§ **Exercise**:
Please set down word for word every line from the one holding "abbrev report : V → State V → State V" to the end of the data below, both included.

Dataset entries
== Segment start ==

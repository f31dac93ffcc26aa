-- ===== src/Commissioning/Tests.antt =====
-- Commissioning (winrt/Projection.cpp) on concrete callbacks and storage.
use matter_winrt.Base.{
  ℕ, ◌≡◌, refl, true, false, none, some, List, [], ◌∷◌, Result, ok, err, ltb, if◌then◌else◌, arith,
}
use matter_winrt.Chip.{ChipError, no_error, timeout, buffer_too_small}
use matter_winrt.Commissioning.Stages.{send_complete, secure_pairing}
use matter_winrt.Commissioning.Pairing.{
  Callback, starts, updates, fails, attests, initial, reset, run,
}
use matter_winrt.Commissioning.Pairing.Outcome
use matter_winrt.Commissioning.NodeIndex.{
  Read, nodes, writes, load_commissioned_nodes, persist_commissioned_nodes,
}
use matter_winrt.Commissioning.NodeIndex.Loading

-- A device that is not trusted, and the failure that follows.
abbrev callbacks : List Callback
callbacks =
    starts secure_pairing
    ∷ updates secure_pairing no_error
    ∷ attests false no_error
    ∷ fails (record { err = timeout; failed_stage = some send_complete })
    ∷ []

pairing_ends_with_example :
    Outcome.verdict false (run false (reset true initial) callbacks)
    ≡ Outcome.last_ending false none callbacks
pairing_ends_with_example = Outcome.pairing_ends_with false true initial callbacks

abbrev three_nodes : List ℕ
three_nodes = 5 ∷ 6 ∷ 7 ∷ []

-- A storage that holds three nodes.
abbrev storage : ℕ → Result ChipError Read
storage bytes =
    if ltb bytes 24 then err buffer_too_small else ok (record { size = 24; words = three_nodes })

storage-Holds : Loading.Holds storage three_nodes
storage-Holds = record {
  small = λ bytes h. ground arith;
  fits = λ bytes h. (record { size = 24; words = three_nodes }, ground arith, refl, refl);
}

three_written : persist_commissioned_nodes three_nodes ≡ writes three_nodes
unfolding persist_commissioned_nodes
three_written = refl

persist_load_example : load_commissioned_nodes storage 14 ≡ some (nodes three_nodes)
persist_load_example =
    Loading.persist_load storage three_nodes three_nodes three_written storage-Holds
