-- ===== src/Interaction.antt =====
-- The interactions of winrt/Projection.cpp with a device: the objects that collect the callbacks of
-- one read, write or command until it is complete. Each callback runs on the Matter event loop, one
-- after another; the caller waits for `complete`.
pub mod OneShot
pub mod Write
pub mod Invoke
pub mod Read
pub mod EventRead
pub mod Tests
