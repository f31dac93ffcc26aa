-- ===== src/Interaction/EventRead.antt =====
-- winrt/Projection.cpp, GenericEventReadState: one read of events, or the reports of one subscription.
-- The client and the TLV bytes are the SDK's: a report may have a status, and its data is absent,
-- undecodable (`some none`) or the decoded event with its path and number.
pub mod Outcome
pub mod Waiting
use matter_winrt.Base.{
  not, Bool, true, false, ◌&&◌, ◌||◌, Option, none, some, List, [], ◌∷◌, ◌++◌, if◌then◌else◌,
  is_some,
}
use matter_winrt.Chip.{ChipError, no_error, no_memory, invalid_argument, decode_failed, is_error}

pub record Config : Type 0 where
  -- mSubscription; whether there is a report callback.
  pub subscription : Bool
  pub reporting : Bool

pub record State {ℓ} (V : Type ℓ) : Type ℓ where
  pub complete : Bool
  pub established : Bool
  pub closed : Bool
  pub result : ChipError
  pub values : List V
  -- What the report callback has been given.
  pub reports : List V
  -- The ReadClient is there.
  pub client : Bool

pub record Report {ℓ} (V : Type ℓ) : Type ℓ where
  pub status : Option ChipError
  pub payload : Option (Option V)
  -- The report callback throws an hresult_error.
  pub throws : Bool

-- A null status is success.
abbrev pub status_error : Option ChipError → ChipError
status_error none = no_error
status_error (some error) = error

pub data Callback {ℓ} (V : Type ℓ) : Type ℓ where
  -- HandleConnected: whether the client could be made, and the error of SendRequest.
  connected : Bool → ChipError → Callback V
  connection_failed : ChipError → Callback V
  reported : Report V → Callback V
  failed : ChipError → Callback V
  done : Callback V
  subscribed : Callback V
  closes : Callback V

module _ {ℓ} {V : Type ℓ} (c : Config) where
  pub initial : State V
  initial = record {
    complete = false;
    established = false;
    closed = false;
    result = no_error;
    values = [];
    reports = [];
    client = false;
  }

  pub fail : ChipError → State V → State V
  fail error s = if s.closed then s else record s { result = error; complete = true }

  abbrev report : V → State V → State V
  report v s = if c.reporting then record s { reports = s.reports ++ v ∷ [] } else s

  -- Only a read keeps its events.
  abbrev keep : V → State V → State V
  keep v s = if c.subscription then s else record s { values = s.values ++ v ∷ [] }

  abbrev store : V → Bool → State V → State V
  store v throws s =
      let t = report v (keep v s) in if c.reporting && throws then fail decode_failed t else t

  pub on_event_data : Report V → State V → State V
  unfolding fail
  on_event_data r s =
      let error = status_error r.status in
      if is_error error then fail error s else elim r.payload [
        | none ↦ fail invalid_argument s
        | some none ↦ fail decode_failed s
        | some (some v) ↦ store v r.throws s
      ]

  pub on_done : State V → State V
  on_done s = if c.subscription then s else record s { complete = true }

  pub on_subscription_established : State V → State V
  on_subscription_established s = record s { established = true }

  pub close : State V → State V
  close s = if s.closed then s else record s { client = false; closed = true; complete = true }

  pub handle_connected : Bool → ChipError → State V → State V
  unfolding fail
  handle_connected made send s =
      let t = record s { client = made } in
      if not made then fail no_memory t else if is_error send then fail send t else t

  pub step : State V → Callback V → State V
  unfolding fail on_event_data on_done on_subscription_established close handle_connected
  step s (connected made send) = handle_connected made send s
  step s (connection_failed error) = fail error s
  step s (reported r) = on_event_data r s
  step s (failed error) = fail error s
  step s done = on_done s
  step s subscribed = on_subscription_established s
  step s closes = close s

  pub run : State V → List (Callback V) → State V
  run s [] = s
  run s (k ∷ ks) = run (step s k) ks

== Segment end ==

§ **Response to this exercise**:
  abbrev report : V → State V → State V
  report v s = if c.reporting then record s { reports = s.reports ++ v ∷ [] } else s

  -- Only a read keeps its events.
  abbrev keep : V → State V → State V
  keep v s = if c.subscription then s else record s { values = s.values ++ v ∷ [] }

  abbrev store : V → Bool → State V → State V
  store v throws s =
      let t = report v (keep v s) in if c.reporting && throws then fail decode_failed t else t

  pub on_event_data : Report V → State V → State V
  unfolding fail
  on_event_data r s =
      let error = status_error r.status in
      if is_error error then fail error s else elim r.payload [
        | none ↦ fail invalid_argument s
        | some none ↦ fail decode_failed s
        | some (some v) ↦ store v r.throws s
      ]

  pub on_done : State V → State V
  on_done s = if c.subscription then s else record s { complete = true }

  pub on_subscription_established : State V → State V
  on_subscription_established s = record s { established = true }

  pub close : State V → State V
  close s = if s.closed then s else record s { client = false; closed = true; complete = true }

  pub handle_connected : Bool → ChipError → State V → State V
  unfolding fail
  handle_connected made send s =
      let t = record s { client = made } in
      if not made then fail no_memory t else if is_error send then fail send t else t

  pub step : State V → Callback V → State V
  unfolding fail on_event_data on_done on_subscription_established close handle_connected
  step s (connected made send) = handle_connected made send s
  step s (connection_failed error) = fail error s
  step s (reported r) = on_event_data r s
  step s (failed error) = fail error s
  step s done = on_done s
  step s subscribed = on_subscription_established s
  step s closes = close s

  pub run : State V → List (Callback V) → State V
  run s [] = s
  run s (k ∷ ks) = run (step s k) ks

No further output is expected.